--- START ---

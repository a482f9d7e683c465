-- ===== src/Matrix/Cells.antt =====
-- The shape of a matrix, and what a piece of code does to each of its cells.
use dsalib.Core.{
  ◌-◌, ℕ, zero, suc, ◌+◌, ◌<◌, ◌≤◌, ◌≡◌, refl, ap, sym, ◌∙◌, arith, Bool-cases, inl, inr,
  if◌then◌else◌, ◌==◌, List, [], ℤ, pos, length, get_or, set, replicate, length-set,
  get_or-set_self, get_or-set_ne, length-replicate, get_or-replicate,
}
use mathlib.Core.Path.{ap₂}
use native.Mathlib.Decide.{dec_lt}
use dsalib.Matrix.{
  Matrix, Outcome, value, has_cell, entry, read, store, write, zeros, loop_by, loop, ◌>>=◌,
}
use dsalib.Matrix.Loops.{for, for_by}
use dsalib.Matrix.Loops.{for_by-step, for_by-done}

-- `rows` rows of `cols` numbers.
pub record HasShape (rows cols : ℕ) (m : Matrix) : Type 0 where
  pub row_count : length m ≡ rows
  pub col_count : (i : ℕ) → i < rows → length (get_or m i []) ≡ cols

get_or-replicate_lt : (n i : ℕ) (v d : List ℤ) → i < n → get_or (replicate n v) i d ≡ v
get_or-replicate_lt zero i v d h = absurd (omega arith)
get_or-replicate_lt (suc n) zero v d h = refl
get_or-replicate_lt (suc n) (suc i) v d h = get_or-replicate_lt n i v d (omega arith)

pub zeros-HasShape : (rows cols : ℕ) → HasShape rows cols (zeros rows cols)
unfolding zeros
zeros-HasShape rows cols = record {
  row_count = length-replicate rows (replicate cols (pos 0));
  col_count = λ i h.
      ap length (get_or-replicate_lt rows i (replicate cols (pos 0)) [] h)
      ∙ length-replicate cols (pos 0);
}

pub entry-zeros : (rows cols i j : ℕ) → i < rows → entry (zeros rows cols) i j ≡ pos 0
unfolding entry zeros
entry-zeros rows cols i j h =
    ap (λ (row : List ℤ). get_or row j (pos 0))
      (get_or-replicate_lt rows i (replicate cols (pos 0)) [] h)
    ∙ get_or-replicate cols j (pos 0)

module _ {rows cols : ℕ} {m : Matrix} (s : HasShape rows cols m) (i j : ℕ) (p : i < rows)
    (q : j < cols) (v : ℤ) where
  pub store-HasShape : HasShape rows cols (store m i j v)
  unfolding store
  store-HasShape = record {
    row_count = length-set m i (set (get_or m i []) j v) ∙ s.row_count;
    col_count = λ k h. elim (Bool-cases (i == k)) [
      | inl here ↦
          let same : i ≡ k = ground (arith, here) in
          ap (λ (x : ℕ). length (get_or (set m i (set (get_or m i []) j v)) x [])) (sym same)
          ∙ ap length
              (get_or-set_self m i (set (get_or m i []) j v) [] (omega (arith, s.row_count)))
          ∙ length-set (get_or m i []) j v
          ∙ s.col_count i p
      | inr other ↦
          ap length (get_or-set_ne m i k (set (get_or m i []) j v) [] (ground (arith, other)))
          ∙ s.col_count k h
    ];
  }

  pub entry-store :
      (k l : ℕ)
      → entry (store m i j v) k l
        ≡ (if i == k then (if j == l then v else entry m k l) else entry m k l)
  unfolding entry store
  entry-store k l =
      let row = set (get_or m i []) j v in
      let here = get_or-set_self m i row [] (omega (arith, s.row_count)) in
      let there = get_or-set_self (get_or m i []) j v (pos 0) (omega (arith, s.col_count i p)) in
      elim (Bool-cases (i == k)) [
        | inr other ↦ rw other (
            ap (λ (r : List ℤ). get_or r l (pos 0))
              (get_or-set_ne m i k row [] (ground (arith, other))))
        | inl same ↦
            let e : i ≡ k = ground (arith, same) in
            rw same (
              ap (λ (x : ℕ). get_or (get_or (set m i row) x []) l (pos 0)) (sym e)
              ∙ ap (λ (r : List ℤ). get_or r l (pos 0)) here
              ∙ elim (Bool-cases (j == l)) [
                | inl same_col ↦
                    let f : j ≡ l = ground (arith, same_col) in
                    rw same_col (ap (λ (x : ℕ). get_or row x (pos 0)) (sym f) ∙ there)
                | inr other_col ↦ rw other_col (
                    get_or-set_ne (get_or m i []) j l v (pos 0) (ground (arith, other_col))
                    ∙ ap (λ (x : ℕ). get_or (get_or m x []) l (pos 0)) e)
              ])
      ]

pub read-value :
    {rows cols : ℕ} {m : Matrix} (s : HasShape rows cols m) (i j : ℕ)
    → i < rows
    → j < cols
    → read m i j ≡ value (entry m i j)
unfolding read has_cell
read-value s i j p q = ground (arith, s.row_count, s.col_count i p)

pub write-value :
    {rows cols : ℕ} {m : Matrix} (s : HasShape rows cols m) (i j : ℕ) (v : ℤ)
    → i < rows
    → j < cols
    → write m i j v ≡ value (store m i j v)
unfolding write has_cell
write-value s i j v p q = ground (arith, s.row_count, s.col_count i p)

-- On a matrix of the shape, `body` returns one of the shape, in which the value `v` of each cell has
-- become `f i j v`.
pub record Acts (rows cols : ℕ) (body : Matrix → Outcome Matrix) (f : ℕ → ℕ → ℤ → ℤ) : Type 0 where
  pub after : (m : Matrix) → HasShape rows cols m → Matrix
  pub returns : (m : Matrix) (s : HasShape rows cols m) → body m ≡ value (after m s)
  pub keeps : (m : Matrix) (s : HasShape rows cols m) → HasShape rows cols (after m s)
  pub acts :
      (m : Matrix) (s : HasShape rows cols m) (i j : ℕ)
      → i < rows
      → j < cols
      → entry (after m s) i j ≡ f i j (entry m i j)

module _ {rows cols : ℕ} where
  -- A cell computed anew from its old value.
  pub write-Acts :
      (i j : ℕ) (body : Matrix → Outcome Matrix) (g : ℤ → ℤ)
      → i < rows
      → j < cols
      → ((m : Matrix) → HasShape rows cols m → body m ≡ write m i j (g (entry m i j)))
      → Acts rows cols body (λ k l v. if i == k then (if j == l then g v else v) else v)
  write-Acts i j body g p q h = record {
    after = λ m s. store m i j (g (entry m i j));
    returns = λ m s. h m s ∙ write-value s i j (g (entry m i j)) p q;
    keeps = λ m s. store-HasShape s i j p q (g (entry m i j));
    acts = λ m s k l a b. entry-store s i j p q (g (entry m i j)) k l ∙ elim (Bool-cases (i == k)) [
      | inr other ↦ rw other refl
      | inl same ↦ rw same (elim (Bool-cases (j == l)) [
        | inr other_col ↦ rw other_col refl
        | inl same_col ↦
            let e : i ≡ k = ground (arith, same) in
            let f : j ≡ l = ground (arith, same_col) in
            rw same_col (ap₂ (λ (x y : ℕ). g (entry m x y)) e f)
      ])
    ];
  }

  pub Acts-seq :
      (a b : Matrix → Outcome Matrix) (f g : ℕ → ℕ → ℤ → ℤ)
      → Acts rows cols a f
      → Acts rows cols b g
      → Acts rows cols (λ m. a m >>= b) (λ i j v. g i j (f i j v))
  Acts-seq a b f g p q = record {
    after = λ m s. q.after (p.after m s) (p.keeps m s);
    returns = λ m s. ap (λ o. o >>= b) (p.returns m s) ∙ q.returns (p.after m s) (p.keeps m s);
    keeps = λ m s. q.keeps (p.after m s) (p.keeps m s);
    acts =
        λ m s i j c d. q.acts (p.after m s) (p.keeps m s) i j c d ∙ ap (g i j) (p.acts m s i j c d);
  }

  -- The same code, and the same value of each cell.
  pub Acts-same :
      (a b : Matrix → Outcome Matrix) (f g : ℕ → ℕ → ℤ → ℤ)
      → ((m : Matrix) → b m ≡ a m)
      → ((i j : ℕ) (v : ℤ) → f i j v ≡ g i j v)
      → Acts rows cols a f
      → Acts rows cols b g
  Acts-same a b f g e h p = record {
    after = p.after;
    returns = λ m s. e m ∙ p.returns m s;
    keeps = p.keeps;
    acts = λ m s i j c d. p.acts m s i j c d ∙ h i j (entry m i j);
  }

  idle-Acts : Acts rows cols (λ m. value m) (λ i j v. v)
  idle-Acts = record {
    after = λ m s. m;
    returns = λ m s. refl;
    keeps = λ m s. s;
    acts = λ m s i j c d. refl;
  }

  -- A loop whose rounds are enough.
  pub loop_by-Acts :
      (fuel from to step : ℕ) (body : ℕ → Matrix → Outcome Matrix) (f : ℕ → ℕ → ℕ → ℤ → ℤ)
      → 0 < step
      → to ≤ from + fuel
      → ((x : ℕ) → from ≤ x → x < to → Acts rows cols (body x) (f x))
      → Acts rows cols
          (loop_by fuel from to step body)
          (λ i j v. for_by fuel from to step (λ x. f x i j) v)
  unfolding loop_by
  loop_by-Acts zero from to step body f pos_step enough h =
      Acts-same (λ m. value m) (loop_by zero from to step body) (λ i j v. v)
        (λ i j v. for_by zero from to step (λ x. f x i j) v) (λ m. ground arith)
        (λ i j v. sym (for_by-done zero from to step (λ x. f x i j) v (omega arith))) idle-Acts
  loop_by-Acts (suc fuel) from to step body f pos_step enough h = elim (dec_lt from to) [
    | yes p ↦
        let first = h from (omega arith) p in
        let rest =
          loop_by-Acts fuel (from + step) to step body f pos_step (omega arith)
            (λ x a b. h x (omega arith) b) in
        Acts-same (λ m. body from m >>= loop_by fuel (from + step) to step body)
          (loop_by (suc fuel) from to step body)
          (λ i j v. for_by fuel (from + step) to step (λ x. f x i j) (f from i j v))
          (λ i j v. for_by (suc fuel) from to step (λ x. f x i j) v) (λ m. ground arith)
          (λ i j v. sym (for_by-step fuel from to step (λ x. f x i j) v p))
          (Acts-seq (body from) (loop_by fuel (from + step) to step body) (f from)
            (λ i j v. for_by fuel (from + step) to step (λ x. f x i j) v) first rest)
    | no p ↦
        Acts-same (λ m. value m) (loop_by (suc fuel) from to step body) (λ i j v. v)
          (λ i j v. for_by (suc fuel) from to step (λ x. f x i j) v) (λ m. ground arith)
          (λ i j v. sym (for_by-done (suc fuel) from to step (λ x. f x i j) v (omega arith)))
          idle-Acts
  ]

-- A loop over the rows, the columns or the inner index.
pub range-Acts :
    (rows cols to : ℕ) (body : ℕ → Matrix → Outcome Matrix) (f : ℕ → ℕ → ℕ → ℤ → ℤ)
    → ((x : ℕ) → x < to → Acts rows cols (body x) (f x))
    → Acts rows cols (loop 0 to 1 body) (λ i j. for 0 to 1 (λ x. f x i j))
range-Acts rows cols to body f h =
    loop_by-Acts (to - 0) 0 to 1 body f (omega arith) (omega arith) (λ x _ p. h x p)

--- END ---

*TASK GOAL*: A complete answer reproduces every line of the records in which the word "write" occurs.

*RESULT*:
  Matrix, Outcome, value, has_cell, entry, read, store, write, zeros, loop_by, loop, ◌>>=◌,
pub write-value :
    → write m i j v ≡ value (store m i j v)
unfolding write has_cell
write-value s i j v p q = ground (arith, s.row_count, s.col_count i p)
  pub write-Acts :
      → ((m : Matrix) → HasShape rows cols m → body m ≡ write m i j (g (entry m i j)))
  write-Acts i j body g p q h = record {
    returns = λ m s. h m s ∙ write-value s i j (g (entry m i j)) p q;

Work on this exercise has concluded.